The record shows that a certain amount of debris consisting chiefly of cardboard, used coffee cups and cartons had been allowed to accumulate near the northwesterly end of the warehouse. 2 *562 About 3 p. m. on the day of the conflagration, a small trash fire broke out near a fence that bordered the warehouse at the northern end. Although the evidence was conflicting, the fire seems to have been some twelve or fifteen feet away from the warehouse. A railroad employee named McDonough, using a fire extinguisher, put out this fire in about fifteen minutes time. He testified that the flames reached a height about equal to the top of the fence, or some five to six feet. When he was satisfied that the fire was out, he reported the occurrence to his foreman who made an investigation at the scene. Neither of them made a search under the building, although McDonough testified that he looked under it. The fire department was not called.

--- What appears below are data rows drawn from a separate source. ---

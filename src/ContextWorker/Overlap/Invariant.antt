-- ===== src/ContextWorker/Overlap/Invariant.antt =====
-- What holds of handlers that overlap, after any steps.
use process_manager_service.Prelude.{
  IfReturns-at, Bytes, List, [], ap, ◌<◌, append-nil, suc, ◌≤◌, append_assoc, arith, length, refl,
  returned, subst, sym, ℕ, ◌++◌, ◌+◌, ◌-◌, ◌∙◌, ◌∷◌, ◌≡◌,
}
use mathlib.Core.List.{Perm, perm_append_singleton, perm_middle}
use mathlib.Core.List.Perm
use process_manager_service.ContextWorker.{
  Environment, ContextWorker, datagram, take, start_read, complete_read, run,
}
use process_manager_service.ContextWorker.Reads.{
  IsReading, complete_read-IsReading, complete_read_size,
}
use process_manager_service.ContextWorker.Overlap.{
  Handler, completed, received, copied, listening, Server, handle_received, Step, Reach, arrive,
  copy_buffer, copy_endpoint, restart, handle, start, later,
}
use process_manager_service.ContextWorker.Overlap.Copies.{
  take-receive_into, length-receive_into, AllHold, Holds, is_open, count_open, count_open-middle,
  AllHold-listening, AllHold-change, AllHold-Split, Split,
}
use process_manager_service.ContextWorker.Overlap.Commutes.{with_reads}
use process_manager_service.ContextWorker.Overlap.Taking.{
  datagrams, handle_received-Commutes, restarted, result_before, run_one_more, took_own,
}

pub none_held :
    {E : Type 0} (size : ℕ) (buffer : Bytes) (endpoint : E) (hs : List (Handler E))
    (ds : List (Bytes × E))
    → hs ≡ []
    → AllHold size buffer endpoint hs ds
    → ds ≡ []
none_held size buffer endpoint [] [] e holds = refl
none_held size buffer endpoint [] (d ∷ ds) e holds = absurd holds
none_held size buffer endpoint (h ∷ hs) ds e holds = absurd cc

moved :
    {E : Type 0} (handled rest before after arrived : List (Bytes × E)) (d : Bytes × E)
    → rest ≡ before ++ d ∷ after
    → Perm (handled ++ rest) arrived
    → Perm ((handled ++ d ∷ []) ++ (before ++ after)) (arrived ++ [])
moved handled rest before after arrived d whole perm =
    subst (λ x. Perm ((handled ++ d ∷ []) ++ (before ++ after)) x) (sym (append-nil arrived))
      (subst (λ x. Perm x arrived) (sym (append_assoc handled (d ∷ []) (before ++ after)))
        (Perm.trans (Perm.append_left handled (Perm.symm (perm_middle before after)))
          (subst (λ x. Perm (handled ++ x) arrived) whole perm)))

length-middle :
    {A : Type 0} (before after : List A) (x : A)
    → length (before ++ x ∷ after) ≡ suc (length (before ++ after))
length-middle [] after x = refl
length-middle (y ∷ before) after x = ap suc (length-middle before after x)

empty_of : {A : Type 0} (xs : List A) → length xs < 1 → xs ≡ []
empty_of [] h = refl
empty_of (x ∷ xs) h = absurd (omega arith)

-- A list to which one element is added behind an empty rest.
last_in_order :
    {A : Type 0} (handled rest arrived : List A) (d : A)
    → rest ≡ []
    → handled ++ rest ≡ arrived
    → handled ++ d ∷ rest ≡ arrived ++ d ∷ []
last_in_order handled rest arrived d e whole =
    ap (λ r. handled ++ d ∷ r) e
    ∙ ap (λ x. x ++ d ∷ []) (sym (append-nil handled) ∙ ap (λ r. handled ++ r) (sym e) ∙ whole)

-- The only element of a rest goes over to the front.
only_in_order :
    {A : Type 0} (handled rest before after arrived : List A) (d : A)
    → before ++ after ≡ []
    → rest ≡ before ++ d ∷ after
    → handled ++ rest ≡ arrived
    → (handled ++ d ∷ []) ++ (before ++ after) ≡ arrived ++ []
only_in_order handled rest [] [] arrived d e split whole =
    append-nil (handled ++ d ∷ [])
    ∙ ap (λ r. handled ++ r) (sym split)
    ∙ whole
    ∙ sym (append-nil arrived)
only_in_order handled rest [] (x ∷ after) arrived d e split whole = absurd cc
only_in_order handled rest (x ∷ before) after arrived d e split whole = absurd cc

module _ {W E : Type 0} (env : Environment E) where
  module _ (threads : ℕ) (c0 : ContextWorker W E) where
    -- The datagrams that have been handled, in that order, have made of the worker what they make of
    -- it one after the other; those of the handlers are the rest.
    pub record Inv (arrived : List (Bytes × E)) (s : Server W E) : Type 0 where
      pub handled : List (Bytes × E)
      pub rest : List (Bytes × E)
      pub all_of : Perm (handled ++ rest) arrived
      pub c : ContextWorker W E
      pub reading : IsReading c
      pub size : c.buffer_size ≡ c0.buffer_size
      pub ran : run env (datagrams handled) c0 ≡ returned c
      pub worker : s.worker ≡ with_reads s.worker.reads c
      pub one_read : count_open {E = E} c0.buffer_size s.handlers + s.worker.reads ≡ 1
      pub room : length s.message_buffer ≡ c0.buffer_size
      pub holds : AllHold c0.buffer_size s.message_buffer s.remote_endpoint s.handlers rest
      pub few : length s.handlers ≤ threads
      pub in_order : threads ≡ 1 → handled ++ rest ≡ arrived

    -- A handler goes on, and the others stay where they are.
    advance :
        {arrived : List (Bytes × E)} {s : Server W E} (inv : Inv arrived s)
        (before after : List (Handler E)) (h h' : Handler E) (w : ContextWorker W E)
        → s.handlers ≡ before ++ h ∷ after
        → w ≡ with_reads w.reads inv.c
        → is_open {E = E} c0.buffer_size h' + w.reads
          ≡ is_open {E = E} c0.buffer_size h + s.worker.reads
        → ((d : Bytes × E)
            → Holds c0.buffer_size s.message_buffer s.remote_endpoint h d
            → Holds c0.buffer_size s.message_buffer s.remote_endpoint h' d)
        → Inv (arrived ++ []) (record s { worker = w; handlers = before ++ h' ∷ after })
    advance {arrived} {s} inv before after h h' w e worker kept k = record {
      handled = inv.handled;
      rest = inv.rest;
      all_of = subst (Perm (inv.handled ++ inv.rest)) (sym (append-nil arrived)) inv.all_of;
      c = inv.c;
      reading = inv.reading;
      size = inv.size;
      ran = inv.ran;
      worker = worker;
      one_read =
          let one =
            subst (λ hs. count_open {E = E} c0.buffer_size hs + s.worker.reads ≡ 1) e
              inv.one_read in
          omega (
            arith,
            one,
            kept,
            count_open-middle {E = E} c0.buffer_size before after h,
            count_open-middle {E = E} c0.buffer_size before after h',
          );
      room = inv.room;
      holds =
          AllHold-change c0.buffer_size s.message_buffer s.remote_endpoint before after h h'
            inv.rest k
            (subst (λ hs. AllHold c0.buffer_size s.message_buffer s.remote_endpoint hs inv.rest) e
              inv.holds);
      few =
          let less = subst (λ hs. length hs ≤ threads) e inv.few in
          omega (arith, less, length-middle before after h, length-middle before after h');
      in_order = λ one. inv.in_order one ∙ sym (append-nil arrived);
    }

    open_alone :
        {arrived : List (Bytes × E)} {s : Server W E} (inv : Inv arrived s)
        (before after : List (Handler E)) (h : Handler E)
        → s.handlers ≡ before ++ h ∷ after
        → is_open {E = E} c0.buffer_size h ≡ 1
        → s.worker.reads ≡ 0
    open_alone {arrived} {s} inv before after h e opened =
        let one =
          subst (λ hs. count_open {E = E} c0.buffer_size hs + s.worker.reads ≡ 1) e inv.one_read in
        omega (arith, one, opened, count_open-middle {E = E} c0.buffer_size before after h)

    Step-Inv :
        {arrived : List (Bytes × E)} {s : Server W E} {new : List (Bytes × E)} {t : Server W E}
        → Step env threads s new t
        → Inv arrived s
        → Inv (arrived ++ new) t
    Step-Inv {arrived} {s} (arrive bytes from some_read free) inv = record {
      handled = inv.handled;
      rest = (bytes, from) ∷ inv.rest;
      all_of = Perm.trans (perm_middle inv.handled inv.rest) (
          Perm.trans (Perm.cons (bytes, from) inv.all_of)
            (Perm.symm (perm_append_singleton (bytes, from) arrived)));
      c = inv.c;
      reading = inv.reading;
      size = inv.size;
      ran = inv.ran;
      worker = ap (with_reads (s.worker.reads - 1)) inv.worker;
      one_read = omega (arith, inv.one_read);
      room = length-receive_into bytes s.message_buffer ∙ inv.room;
      holds = (
        (take-receive_into bytes s.message_buffer ∙ ap (λ n. take n bytes) inv.room, refl),
        AllHold-listening c0.buffer_size _ _ _ _ s.handlers inv.rest (omega (arith, inv.one_read))
            inv.holds,
      );
      few = omega (arith, free);
      in_order = λ one.
          last_in_order inv.handled inv.rest arrived (bytes, from)
            (none_held _ _ _ s.handlers inv.rest (empty_of s.handlers (omega (arith, free, one)))
              inv.holds)
            (inv.in_order one);
    }
    Step-Inv {arrived} {s} (copy_buffer before after n e) inv =
        advance inv before after (completed n) _ s.worker e inv.worker refl
          λ (bytes, from) held. held
    Step-Inv {arrived} {s} (copy_endpoint before after b e) inv =
        advance inv before after (received b) _ s.worker e inv.worker refl
          λ (bytes, from) held. held
    Step-Inv {arrived} {s} (restart before after b f e) inv =
        let none_outstanding : s.worker.reads ≡ 0 =
          open_alone inv before after (copied b f) e refl in
        let started : start_read s.worker ≡ with_reads 1 inv.c =
          restarted env s.worker inv.c inv.worker none_outstanding inv.reading.1 in
        advance inv before after (copied b f) _ _ e (rw started refl)
          (rw started (rw none_outstanding refl)) λ (bytes, from) held. held
    Step-Inv {arrived} {s} (handle before after b f w e returns) inv =
        let split : Split c0.buffer_size s.message_buffer s.remote_endpoint (before ++ after)
            (listening b f) inv.rest =
          AllHold-Split c0.buffer_size s.message_buffer s.remote_endpoint before after
            (listening b f) inv.rest
            (subst (λ hs. AllHold c0.buffer_size s.message_buffer s.remote_endpoint hs inv.rest) e
              inv.holds) in
        let (c', handles, same, kept) =
          result_before env (handle_received env b f inv.c) s.worker.reads w (
            sym (handle_received-Commutes env b f s.worker.reads inv.c)
            ∙ ap (handle_received env b f) (sym inv.worker)
            ∙ returns) in
        let taken : complete_read env (datagram split.own.0 split.own.1) inv.c ≡ returned c' =
          took_own env split.own.0 b split.own.1 f inv.c c' inv.reading
            (split.held.0 ∙ ap (λ n. take n split.own.0) (sym inv.size)) split.held.1 handles in
        record {
          handled = inv.handled ++ split.own ∷ [];
          rest = split.before ++ split.after;
          all_of =
              moved inv.handled inv.rest split.before split.after arrived split.own split.whole
                inv.all_of;
          c = c';
          reading =
              IfReturns-at _ IsReading c'
                (complete_read-IsReading env (datagram split.own.0 split.own.1) inv.c inv.reading
                  refl)
                taken;
          size =
              IfReturns-at _ (λ x. x.buffer_size ≡ inv.c.buffer_size) c'
                (complete_read_size env (datagram split.own.0 split.own.1) inv.c) taken
              ∙ inv.size;
          ran = run_one_more env inv.handled split.own c0 inv.c c' inv.ran inv.reading.0 taken;
          worker = same;
          one_read =
              let one =
                subst (λ hs. count_open {E = E} c0.buffer_size hs + s.worker.reads ≡ 1) e
                  inv.one_read in
              omega (
                arith,
                one,
                kept,
                count_open-middle {E = E} c0.buffer_size before after (listening b f),
              );
          room = inv.room;
          holds = split.rest;
          few =
              let less = subst (λ hs. length hs ≤ threads) e inv.few in
              omega (arith, less, length-middle before after (listening b f));
          in_order = λ one.
              let less = subst (λ hs. length hs ≤ threads) e inv.few in
              let alone =
                empty_of (before ++ after)
                  (omega (arith, less, one, length-middle before after (listening b f))) in
              only_in_order inv.handled inv.rest split.before split.after arrived split.own
                (none_held _ _ _ (before ++ after) (split.before ++ split.after) alone split.rest)
                split.whole (inv.in_order one);
        }

    pub Reach-Inv :
        (buffer : Bytes) (endpoint : E) {arrived : List (Bytes × E)} {s : Server W E}
        → IsReading c0
        → length buffer ≡ c0.buffer_size
        → Reach env threads c0 buffer endpoint arrived s
        → Inv arrived s
    unfolding run
    Reach-Inv buffer endpoint reading room start = record {
      handled = [];
      rest = [];
      all_of = Perm.refl [];
      c = c0;
      reading = reading;
      size = refl;
      ran = refl;
      worker = refl;
      one_read = rw reading.0 refl;
      room = room;
      holds = tt;
      few = omega arith;
      in_order = λ one. refl;
    }
    Reach-Inv buffer endpoint reading room (later reach step) =
        Step-Inv step (Reach-Inv buffer endpoint reading room reach)
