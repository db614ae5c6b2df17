-- ===== src/ContextWorker/Overlap/Whole.antt =====
-- Overlapping handlers, and the datagrams taken one after the other.
use process_manager_service.Prelude.{
  Bytes, List, [], ap, append-nil, arith, length, returned, subst, sym, ℕ, ◌++◌, ◌+◌, ◌∙◌, ◌≡◌,
}
use mathlib.Core.List.{Perm}
use process_manager_service.ContextWorker.{Environment, ContextWorker, run}
use process_manager_service.ContextWorker.Reads.{IsReading}
use process_manager_service.ContextWorker.Overlap.{Server, Reach}
use process_manager_service.ContextWorker.Overlap.Copies.{count_open}
use process_manager_service.ContextWorker.Overlap.Commutes.{with_reads}
use process_manager_service.ContextWorker.Overlap.Taking.{datagrams}
use process_manager_service.ContextWorker.Overlap.Invariant.{none_held, Inv, Reach-Inv}

module _ {W E : Type 0} (env : Environment E) where
  module _ (threads : ℕ) (c0 : ContextWorker W E) where
    -- When no handler is left, a worker that reads is what the handled datagrams have made of it.
    all_handled :
        {arrived : List (Bytes × E)} {s : Server W E} (inv : Inv env threads c0 arrived s)
        → s.handlers ≡ []
        → (inv.rest ≡ []) × (run env (datagrams inv.handled) c0 ≡ returned s.worker)
    all_handled {s} inv none_left =
        let one =
          subst (λ hs. count_open {E = E} c0.buffer_size hs + s.worker.reads ≡ 1) none_left
            inv.one_read in
        let reads : s.worker.reads ≡ 1 = omega (arith, one) in
        (
          none_held _ _ _ s.handlers inv.rest none_left inv.holds,
          inv.ran
              ∙ ap returned
                  (ap (λ n. with_reads n inv.c) (inv.reading.0 ∙ sym reads) ∙ sym inv.worker),
        )

    -- The handlers of a worker that reads run on any number of threads, and datagrams come while
    -- others are being handled; a handler that has its copies goes on as one step. When no handler
    -- is left, the worker is what it is when the same datagrams come one after the other in some
    -- order: each has been handled once, with its own bytes and from its own endpoint.
    pub Reach-run :
        (buffer : Bytes) (endpoint : E) {arrived : List (Bytes × E)} {s : Server W E}
        → IsReading c0
        → length buffer ≡ c0.buffer_size
        → Reach env threads c0 buffer endpoint arrived s
        → s.handlers ≡ []
        → (order : List (Bytes × E)) × Perm order arrived
          × (run env (datagrams order) c0 ≡ returned s.worker)
    Reach-run buffer endpoint {arrived} {s} reading room reach none_left =
        let inv = Reach-Inv env threads c0 buffer endpoint reading room reach in
        let (no_rest, ran) = all_handled inv none_left in
        (
          inv.handled,
          subst (λ x. Perm x arrived) (append-nil inv.handled)
              (subst (λ ds. Perm (inv.handled ++ ds) arrived) no_rest inv.all_of),
          ran,
        )

    -- On one thread the order is that in which the datagrams have come: when no handler is left, the
    -- worker that reads is what `run` makes of them, one read and its handler after the other.
    pub Reach-run_alone :
        (buffer : Bytes) (endpoint : E) {arrived : List (Bytes × E)} {s : Server W E}
        → threads ≡ 1
        → IsReading c0
        → length buffer ≡ c0.buffer_size
        → Reach env threads c0 buffer endpoint arrived s
        → s.handlers ≡ []
        → run env (datagrams arrived) c0 ≡ returned s.worker
    Reach-run_alone buffer endpoint {arrived} {s} alone reading room reach none_left =
        let inv = Reach-Inv env threads c0 buffer endpoint reading room reach in
        let (no_rest, ran) = all_handled inv none_left in
        let same : inv.handled ≡ arrived =
          sym (append-nil inv.handled)
          ∙ ap (λ ds. inv.handled ++ ds) (sym no_rest)
          ∙ inv.in_order alone in
        subst (λ ds. run env (datagrams ds) c0 ≡ returned s.worker) same ran
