-- ===== src/ContextWorker/Overlap/Finishing.antt =====
-- That the handlers that overlap come to their ends.
use process_manager_service.Prelude.{
  Bytes, List, Option, Outcome, [], Returns, Returns-result, append-nil, ap, length, refl, returned,
  subst, true, ℕ, ◌>>=◌, ◌∙◌, ◌∷◌, ◌≡◌,
}
use mathlib.Core.List.{Perm}
use process_manager_service.MessageEventsCache
use process_manager_service.MongoModulesCollection.{Document, ModuleRecord, QueryException}
use process_manager_service.ContextWorker.{Environment, ContextWorker, run}
use process_manager_service.ContextWorker.Reads.{all_datagrams}
use process_manager_service.ContextWorker.Serves.{
  IsHealthy, Serving, handle_parsed-Serving, run-Serving,
}
use process_manager_service.ContextWorker.Overlap.{
  Handler, completed, received, copied, listening, Server, handle_received, Step, Reach,
  copy_buffer, copy_endpoint, restart, handle, later, GoesOn, stay, go_on,
}
use process_manager_service.ContextWorker.Overlap.Commutes.{with_reads}
use process_manager_service.ContextWorker.Overlap.Taking.{datagrams, handle_received-Commutes}
use process_manager_service.ContextWorker.Overlap.Invariant.{Reach-Inv}
use process_manager_service.ContextWorker.Overlap.Whole.{Reach-run}

datagrams-all_datagrams : {E : Type 0} (ds : List (Bytes × E)) → all_datagrams (datagrams ds) ≡ true
datagrams-all_datagrams [] = refl
datagrams-all_datagrams (d ∷ ds) = datagrams-all_datagrams ds

module _ {W E : Type 0} (env : Environment E)
    (find_one : ℕ → Outcome QueryException (Option Document)) (found : ℕ → Option ModuleRecord)
    (address : ModuleRecord → E) (messages : MessageEventsCache.MessageEventsCache W E)
    (healthy : IsHealthy env find_one found address messages) (threads : ℕ) (c0 : ContextWorker W E)
    (buffer : Bytes) (endpoint : E) (serving : Serving messages c0)
    (room : length buffer ≡ c0.buffer_size) where
  abbrev Reached : List (Bytes × E) → Server W E → Type 0
  Reached = Reach env threads c0 buffer endpoint

  next :
      {arrived : List (Bytes × E)} {s t : Server W E}
      → Reached arrived s
      → Step env threads s [] t
      → Reached arrived t
  next {arrived} {t} reach step = subst (λ ds. Reached ds t) (append-nil arrived) (later reach step)

  Reach-GoesOn :
      {arrived : List (Bytes × E)} {s t : Server W E}
      → Reached arrived s
      → GoesOn env threads s t
      → Reached arrived t
  Reach-GoesOn reach stay = reach
  Reach-GoesOn reach (go_on goes step) = next (Reach-GoesOn reach goes) step

  handle_received-worker :
      {arrived : List (Bytes × E)} {s : Server W E} (bytes : Bytes) (from : E)
      → Reached arrived s
      → (c : ContextWorker W E) × (handle_received env bytes from s.worker ≡ returned c)
  handle_received-worker {s} bytes from reach =
      let inv = Reach-Inv env threads c0 buffer endpoint serving.0 room reach in
      let serves : Serving messages inv.c =
        subst (λ h. Returns h (Serving messages)) inv.ran
          (run-Serving env find_one found address messages healthy (datagrams inv.handled) c0
            serving (datagrams-all_datagrams inv.handled)) in
      let (c, handled) = Returns-result (handle_received env bytes from inv.c) (Serving messages) (
        handle_parsed-Serving env find_one found address messages healthy from
          (env.parse_from_string bytes) inv.c serves) in
      (
        with_reads s.worker.reads c,
        ap (handle_received env bytes from) inv.worker
            ∙ handle_received-Commutes env bytes from s.worker.reads inv.c
            ∙ ap (λ h. h >>= λ x. returned (with_reads s.worker.reads x)) handled,
      )

  module _ (arrived : List (Bytes × E)) (s : Server W E) (reach : Reached arrived s) where
    -- The handlers have gone on, and these are left.
    abbrev Leaves : List (Handler E) → Type 0
    Leaves hs = (t : Server W E) × GoesOn env threads s t × (t.handlers ≡ hs)

    listening_finishes :
        {t : Server W E} (b : Bytes) (f : E) (hs : List (Handler E))
        → GoesOn env threads s t
        → t.handlers ≡ listening b f ∷ hs
        → Leaves hs
    listening_finishes b f hs goes e =
        let (c, handled) = handle_received-worker b f (Reach-GoesOn reach goes) in
        (_, go_on goes (handle [] hs b f c e handled), refl)

    copied_finishes :
        {t : Server W E} (b : Bytes) (f : E) (hs : List (Handler E))
        → GoesOn env threads s t
        → t.handlers ≡ copied b f ∷ hs
        → Leaves hs
    copied_finishes b f hs goes e =
        listening_finishes b f hs (go_on goes (restart [] hs b f e)) refl

    received_finishes :
        {t : Server W E} (b : Bytes) (hs : List (Handler E))
        → GoesOn env threads s t
        → t.handlers ≡ received b ∷ hs
        → Leaves hs
    received_finishes b hs goes e =
        copied_finishes b _ hs (go_on goes (copy_endpoint [] hs b e)) refl

    first_finishes :
        (h : Handler E) (hs : List (Handler E)) {t : Server W E}
        → GoesOn env threads s t
        → t.handlers ≡ h ∷ hs
        → Leaves hs
    first_finishes (completed n) hs goes e =
        received_finishes _ hs (go_on goes (copy_buffer [] hs n e)) refl
    first_finishes (received b) hs goes e = received_finishes b hs goes e
    first_finishes (copied b f) hs goes e = copied_finishes b f hs goes e
    first_finishes (listening b f) hs goes e = listening_finishes b f hs goes e

    all_finish :
        (hs : List (Handler E)) {t : Server W E}
        → GoesOn env threads s t
        → t.handlers ≡ hs
        → Leaves []
    all_finish [] {t = t} goes e = (t, goes, e)
    all_finish (h ∷ hs) goes e =
        let (t, goes', e') = first_finishes h hs goes e in all_finish hs goes' e'

  -- The handlers of a serving worker run on any number of threads, and datagrams have come while
  -- others were being handled; a handler that has its copies goes on as one step. Nothing around the
  -- worker fails: the client of the database is there, every module is unknown to the database or
  -- has a good address, the handlers of the message events give no response, and asio sends each
  -- datagram before `async_send_to` returns. However far the handlers are, they can all go on from there to their ends, with no
  -- datagram more. The worker is then what it is when the datagrams that have come are taken one
  -- after the other in some order.
  pub Reach-finishes :
      {arrived : List (Bytes × E)} {s : Server W E}
      → Reach env threads c0 buffer endpoint arrived s
      → (t : Server W E) × GoesOn env threads s t
        × (t.handlers ≡ [])
        × (order : List (Bytes × E)) × Perm order arrived
        × (run env (datagrams order) c0 ≡ returned t.worker)
  Reach-finishes {arrived} {s} reach =
      let (t, goes, none_left) = all_finish arrived s reach s.handlers stay refl in
      let (order, perm, ran) =
        Reach-run env threads c0 buffer endpoint serving.0 room (Reach-GoesOn reach goes)
          none_left in
      (t, goes, none_left, order, perm, ran)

About 5 p. m. the major fire broke out. Although details concerning the origin of this blaze are blurred, it appears that it started at the northern end of the warehouse and within a few moments the whole building was engulfed in flames. 3

In addition to the various eyewitnesses to both fires called by the parties, plaintiffs called one John Kennedy, a fire and explosion investigator. After qualifying as an expert, he described the investigation he had conducted at the ruins of the building some three months after the fire and testified that in his opinion the improper extinguishment of the trash fire was the cause of the subsequent blaze. On cross-examination he described how, in his view, the trash fire was transmitted to the warehouse:

“A. The heat of the fire itself, the fire described here, about quarter the size of the table, the flames going up five or six feet and being hot, would generate air and heat gases of approximately over 1200 degrees Fahrenheit.
“These, being pushed by the wind, would accelerate the temperature. The strong wind was described by Mr. Earl, blowing north to south, it would be increasing the temperature.
“If the heat without any flame, one would not need flame, I cannot say whether sparks blew in or past, or paper blew in, as the boss or the foreman said they could, but the heat itself would cause the ignition of the creosote vapors, it would cause the releasing of the creosote vapors.
“Then the heat from any sparks or any other point of ignition that got in there would incubate.
“When the incubation occurs, when the incubation into the piling underneath the buildings, builds up, it continues to release heat and gases until such time, as there is enough oxygen, at which time it releases the gases, ignites them and spreads over the preheated surface.
“The description of the witnesses, that they could not outrun the fire indicates the pre-heating, of an hour or so and ties it back to the first fire.
“So this fire started before they extinguished that portion of the fire by the fence. The heating had commenced. The pre-heating of the timbers and the embers underneath, at least, and they pre-heated until such time as they got sufficient oxygen and broke out, sparks broke out. By that time, they had pre-heated the whole area so that the place blew up, as one of the witnesses said.”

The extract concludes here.